If 𝓕 : ι → X → α tends to f : X → α pointwise along some nontrivial filter, and if the family 𝓕 is equicontinuous, then the limit is continuous.

theorem Filter.Tendsto.continuousOn_of_equicontinuousOn {ι : Type u_1} {X : Type u_3} {α : Type u_6} [tX : TopologicalSpace X] [uα : UniformSpace α] {l : Filter ι} [l.NeBot] {F : ι → X → α} {f : X → α} {S : Set X} (h₁ : ∀ x ∈ S, Filter.Tendsto (fun (x_1 : ι) => F x_1 x) l (nhds (f x))) (h₂ : EquicontinuousOn F S) : ContinuousOn f S

If 𝓕 : ι → X → α tends to f : X → α pointwise on S : Set X along some nontrivial filter, and if the family 𝓕 is equicontinuous, then the limit is continuous on S.
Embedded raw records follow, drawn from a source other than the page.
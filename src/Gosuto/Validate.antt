-- ===== src/Gosuto/Validate.antt =====
-- common/spec/gosuto/validate.go: Validate.
pub mod Sections
pub mod Names
pub mod Steps
use Prim.Native.String.{String}
use ruriko.Prelude.{◌==◌, string_eq, not}
use ruriko.Gosuto.Types.{Config}
use ruriko.Gosuto.Check.{Check, fail_if, ◌also◌, is_blank, check_all, wrong_api_version, blank_name}
use ruriko.Gosuto.Validate.Sections.{
  validate_trust, validate_limits, validate_capability, validate_supervised, validate_secret,
  validate_persona, validate_instructions, validate_messaging,
}
use ruriko.Gosuto.Validate.Steps.{validate_workflow}

unfoldable pub validate : Config → Check
unfolding validate_trust validate_workflow validate_limits validate_capability validate_supervised
    validate_secret validate_persona validate_instructions validate_messaging
validate cfg =
    fail_if (not (cfg.api_version == "gosuto/v1")) wrong_api_version
    also fail_if (is_blank cfg.metadata.name) blank_name
    also validate_trust cfg.trust
    also validate_workflow cfg.workflow
    also validate_limits cfg.limits
    also check_all validate_capability cfg.capabilities
    also validate_supervised cfg.mcps cfg.gateways
    also check_all validate_secret cfg.secrets
    also validate_persona cfg.temperature_in_range
    also validate_instructions cfg.instructions
    also validate_messaging cfg.messaging
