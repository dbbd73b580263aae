-- ===== src/Gosuto/Validate/Names.antt =====
-- What a valid configuration is unambiguous about.
use ruriko.Prelude.{String, List, [], ◌∷◌, ◌++◌, map, string_eq}
use ruriko.Gosuto.Types.{Config, TrustedPeer, Trust, McpServer, Gateway, Messaging}
use ruriko.Gosuto.Check.{add_names, duplicate_peer, duplicate_alias, duplicate_name}
use ruriko.Gosuto.Check.Passes.{
  Passes, rest_of, first_of, check_named-Passes, Fresh, Fresh-append, Distinct, Fresh-Distinct,
}
use ruriko.Gosuto.Validate.{validate}
use ruriko.Gosuto.Validate.Sections.{
  tuple_of, check_protocol, check_peers, name_of_mcp, name_of_gateway, alias_of, validate_trust,
  validate_supervised, validate_messaging, validate_mcp_server, validate_gateway, check_target,
}

-- The peers of a configuration as tuples of sender, room and protocol.
abbrev pub tuples : List TrustedPeer → List String
tuples [] = []
tuples (peer ∷ peers) = map (tuple_of peer) peer.protocols ++ tuples peers

check_peers-Fresh :
    (seen : List String) (peers : List TrustedPeer)
    → Passes (check_peers seen peers)
    → Fresh seen (tuples peers)
check_peers-Fresh seen [] h = tt
check_peers-Fresh seen (peer ∷ peers) h =
    Fresh-append (tuple_of peer) seen peer.protocols (tuples peers)
      ((check_named-Passes check_protocol (tuple_of peer) duplicate_peer seen peer.protocols
        (first_of _ _ (rest_of _ _ h))).1)
      (check_peers-Fresh (add_names (tuple_of peer) peer.protocols seen) peers
        (rest_of _ _ (rest_of _ _ h)))

validate_trust-Distinct :
    (t : Trust) → Passes (validate_trust t) → Distinct (tuples t.trusted_peers)
unfolding validate_trust
validate_trust-Distinct t h =
    Fresh-Distinct (tuples t.trusted_peers) [] (
      check_peers-Fresh [] t.trusted_peers
        (rest_of _ _ (rest_of _ _ (rest_of _ _ (rest_of _ _ h)))))

validate_supervised-Distinct :
    (mcps : List McpServer) (gateways : List Gateway)
    → Passes (validate_supervised mcps gateways)
    → Distinct (map name_of_mcp mcps ++ map name_of_gateway gateways)
unfolding validate_supervised
validate_supervised-Distinct mcps gateways h =
    Fresh-Distinct (map name_of_mcp mcps ++ map name_of_gateway gateways) [] (
      Fresh-append name_of_mcp [] mcps (map name_of_gateway gateways)
        ((check_named-Passes validate_mcp_server name_of_mcp duplicate_name [] mcps
          (first_of _ _ h)).1)
        ((check_named-Passes validate_gateway name_of_gateway duplicate_name
          (add_names name_of_mcp mcps []) gateways (rest_of _ _ h)).1))

validate_messaging-Distinct :
    (m : Messaging) → Passes (validate_messaging m) → Distinct (map alias_of m.allowed_targets)
unfolding validate_messaging
validate_messaging-Distinct m h = Fresh-Distinct (map alias_of m.allowed_targets) [] (
    (check_named-Passes check_target alias_of duplicate_alias [] m.allowed_targets
      (rest_of _ _ h)).1)

-- In a configuration that Validate accepts, no tool server or gateway has the name of another one, no two
-- trusted peers are for the same sender, room and protocol, and no two message targets have one alias.
pub validate-Distinct :
    (cfg : Config)
    → Passes (validate cfg)
    → Distinct (map name_of_mcp cfg.mcps ++ map name_of_gateway cfg.gateways)
      × (Distinct (tuples cfg.trust.trusted_peers)
          × Distinct (map alias_of cfg.messaging.allowed_targets))
unfolding validate
validate-Distinct cfg h =
    let trust = rest_of _ _ (rest_of _ _ h) in
    let supervised = rest_of _ _ (rest_of _ _ (rest_of _ _ (rest_of _ _ trust))) in
    (
      validate_supervised-Distinct cfg.mcps cfg.gateways (first_of _ _ supervised),
      (
        validate_trust-Distinct cfg.trust (first_of _ _ trust),
        validate_messaging-Distinct cfg.messaging
            (rest_of _ _ (rest_of _ _ (rest_of _ _ (rest_of _ _ supervised)))),
      ),
    )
theorem Filter.Tendsto.uniformContinuousOn_of_uniformEquicontinuousOn {ι : Type u_1} {α : Type u_6} {β : Type u_8} [uα : UniformSpace α] [uβ : UniformSpace β] {l : Filter ι} [l.NeBot] {F : ι → β → α} {f : β → α} {S : Set β} (h₁ : ∀ x ∈ S, Filter.Tendsto (fun (x_1 : ι) => F x_1 x) l (nhds (f x))) (h₂ : UniformEquicontinuousOn F S) : UniformContinuousOn f S

If 𝓕 : ι → β → α tends to f : β → α pointwise on S : Set β along some nontrivial filter, and if the family 𝓕 is uniformly equicontinuous on S, then the limit is uniformly continuous on S.

theorem Filter.Tendsto.uniformContinuous_of_uniformEquicontinuous {ι : Type u_1} {α : Type u_6} {β : Type u_8} [uα : UniformSpace α] [uβ : UniformSpace β] {l : Filter ι} [l.NeBot] {F : ι → β → α} {f : β → α} (h₁ : Filter.Tendsto F l (nhds f)) (h₂ : UniformEquicontinuous F) : UniformContinuous f

If 𝓕 : ι → β → α tends to f : β → α pointwise along some nontrivial filter, and if the family 𝓕 is uniformly equicontinuous, then the limit is uniformly continuous.

theorem EquicontinuousAt.tendsto_of_mem_closure {ι : Type u_1} {X : Type u_3} {α : Type u_6} [tX : TopologicalSpace X] [uα : UniformSpace α] {l : Filter ι} {F : ι → X → α} {f : X → α} {s : Set X} {x : X} {z : α} (hF : EquicontinuousAt F x) (hf : Filter.Tendsto f (nhdsWithin x s) (nhds z)) (hs : ∀ y ∈ s, Filter.Tendsto (fun (x : ι) => F x y) l (nhds (f y))) (hx : x ∈ closure s) : Filter.Tendsto (fun (x_1 : ι) => F x_1 x) l (nhds z)

If F : ι → X → α is a family of functions equicontinuous at x, it tends to f y along a filter l for any y ∈ s, the limit function f tends to z along 𝓝[s] x, and x ∈ closure s, then (F · x) tends to z along l.

In some sense, this is a converse of EquicontinuousAt.closure.

theorem Equicontinuous.isClosed_setOf_tendsto {ι : Type u_1} {X : Type u_3} {α : Type u_6} [tX : TopologicalSpace X] [uα : UniformSpace α] {l : Filter ι} {F : ι → X → α} {f : X → α} (hF : Equicontinuous F) (hf : Continuous f) : IsClosed {x : X | Filter.Tendsto (fun (x_1 : ι) => F x_1 x) l (nhds (f x))}

If F : ι → X → α is an equicontinuous family of functions, f : X → α is a continuous function, and l is a filter on ι, then {x | Filter.Tendsto (F · x) l (𝓝 (f x))} is a closed set.